Finding similar images with Rust and a Vector DB

October 02, 2025
laurens@ente.io

At Ente Photos, everything is end-to-end encrypted. This means a lot of the smart computations that would typically happen on servers instead run on your device. With limited compute available, we're constantly finding ways to do things more efficiently.

Recently, we've decided to bring Rust into our mobile apps to unlock performance gains, paving the way for exciting new features. Our first step? Integrating a vector database in Rust that enabled us to add a "similar images" detection feature, making it easier for users to clean up their photo libraries.

We already offered deduplication of same files using file hashes, but now we can easily find visually close images too.
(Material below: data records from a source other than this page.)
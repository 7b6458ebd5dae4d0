-- ===== src/Roles/Tests.antt =====
-- A replica of nano_rl/runtime/roles.py with two GPUs and a lease for each.
use nano_rl.Prelude.{ℕ, String, ◌≡◌, refl, arith, none, some, List, [], ◌∷◌}
use nano_rl.Prelude.Dict.{lookup, insert}
use nano_rl.Prelude.Exec.{ok}
use nano_rl.Slot.Names.{rollout}
use nano_rl.Slot.Types.{GpuLease}
use nano_rl.Roles.{ReplicaController, assert_rollout_leases, zip_dict, check_leases, check_lease}
use nano_rl.Coordinators.{GenerationRequest}
use nano_rl.Roles.Generating.{Outside, Generated, generate, generate-Generated}

abbrev replica : ReplicaController
replica = record {
  replica_id = "r0";
  gpu_ids = 0 ∷ 1 ∷ [];
  worker_ids = "w0" ∷ "w1" ∷ [];
  active_policy_version = none;
  active_weight_checksum = none;
  active_lease_epochs = none;
  active_weight_source = none;
}

abbrev lease : ℕ → String → GpuLease
lease gpu holder = record { gpu_id = gpu; role = rollout; holder_id = holder; lease_epoch = 4 }

abbrev leases : List GpuLease
leases = lease 1 "w1" ∷ lease 0 "w0" ∷ []

leases-pass : assert_rollout_leases replica leases ≡ ok tt
unfolding assert_rollout_leases zip_dict check_leases check_lease lookup insert
leases-pass = refl

abbrev outside : Outside
outside = record {
  sha256 = λ text. 1 ∷ 2 ∷ 3 ∷ 4 ∷ 5 ∷ 6 ∷ 7 ∷ 8 ∷ 9 ∷ 10 ∷ 11 ∷ 12 ∷ 13 ∷ 14 ∷ 15 ∷ 16 ∷ 17 ∷ [];
  words = λ text. 3;
  decimal = λ n. "5";
}

abbrev request : GenerationRequest
request = record {
  request_id = "rollout-1";
  replica_id = "r0";
  prompt = "say hi";
  target_policy_version = 5;
  metadata = [];
}

abbrev active_replica : ReplicaController
active_replica = record replica { active_policy_version = some 5 }

generate-Generated_example :
    Generated request active_replica leases (generate outside 9 request leases active_replica)
generate-Generated_example =
    generate-Generated outside 9 request leases active_replica (λ text. omega arith)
Example of same and closely similar images

Why Rust?

This marks the first time we've added Rust code to our mobile photos app. It's part of a larger push to (re)write performance-critical code in Rust. We write Rust code and automatically generate bindings that our Dart code can use through Flutter Rust Bridge.

The benefits are twofold:

  1. Rust gives us fine-grained control over memory and performance, and it compiles to native code that runs blazingly fast on mobile devices.
  2. The Rust code becomes the single source of truth for all platforms, as we can use it for the web and desktop apps too.

Building on existing ML

As explained in our ML whitepaper, we already generate image embeddings locally for each photo. These embeddings are essentially numerical representations of the visual content in your photos - think of them as a photo's "visual fingerprint."

In the app, we compare these image embeddings with a text embedding to power our semantic search. But you can actually compare image embeddings with each other too.

Computing the cosine similarity between two image embeddings tells us how visually similar the two images are. The closer to 1, the more similar they are.

The problem is that comparing every image with every other image is computationally expensive. For a library of 50,000 photos, that means 2.5 billion comparisons, where each comparison involves calculating a dot product of two embeddings with 512 floating points each.

Enter the Vector DB

This is where a vector database comes in. With our new vector database, we can finally compare all these embeddings efficiently.

The core of our implementation involves using the Rust bindings of USearch, an open-source, high-performance vector database. USearch uses the HNSW (Hierarchical Navigable Small World) index, which makes similarity searches incredibly fast even with large datasets.

Instead of comparing every image with every other image (which would be O(n²) complexity), HNSW creates a graph structure that allows us to find similar images in logarithmic time. It turns an impossibly slow operation into something that runs smoothly on your phone.

What would normally take around 30 minutes for a 50,000 photo library, now takes less than 30 seconds. And the bigger your library, the more significant the performance improvement becomes.

Showing similar images in app

When surfacing the similar images in the app, we categorize them into three groups:

  • Same: Nearly identical photos (think burst shots or accidental duplicates)
  • Close: Very similar photos with minor differences (different angles of the same scene)
  • Related: Photos that share visual elements but are distinctly different

Each category uses different cosine distance thresholds to determine how similar photos need to be to qualify.

To make the feature even more useful, we:

  • Integrate with our existing face recognition system to ensure similar-looking images actually contain the same people
  • Prioritize keeping higher resolution versions when pre-selecting images for deletion
  • Provide both bulk deletion options for confident users and individual group deletes for those who prefer manual control
  • Add symlinks to the kept photos in albums, so you don't lose track of them

If you're tired of scrolling through dozens of nearly identical photos from that perfect sunset you tried to capture, this feature is for you. The similar images view lets you quickly identify and remove duplicates, keeping your library clean and your storage optimized.

The interface is simple: go to the similar images view, choose your category, select what to delete, and you're done. For power users, the bulk delete option can clean up thousands of duplicates in seconds.

At the same time, we're excited to introduce more library cleanup functionality (library culling) in the future. Stay tuned!

Looking forward

And this is also just the beginning of our Rust journey. The performance gains we've seen with the vector database have opened doors to features previously unavailable on mobile devices. Stay tuned as we continue to push the boundaries of what's possible with local, private computation.

Want to try it out? The similar images feature is available in the Ente Photos mobile app. And yes, like everything else we build, the code is open source.


At Ente, we believe that privacy and convenience aren't mutually exclusive. By bringing high-performance computing to your device, we're giving you both.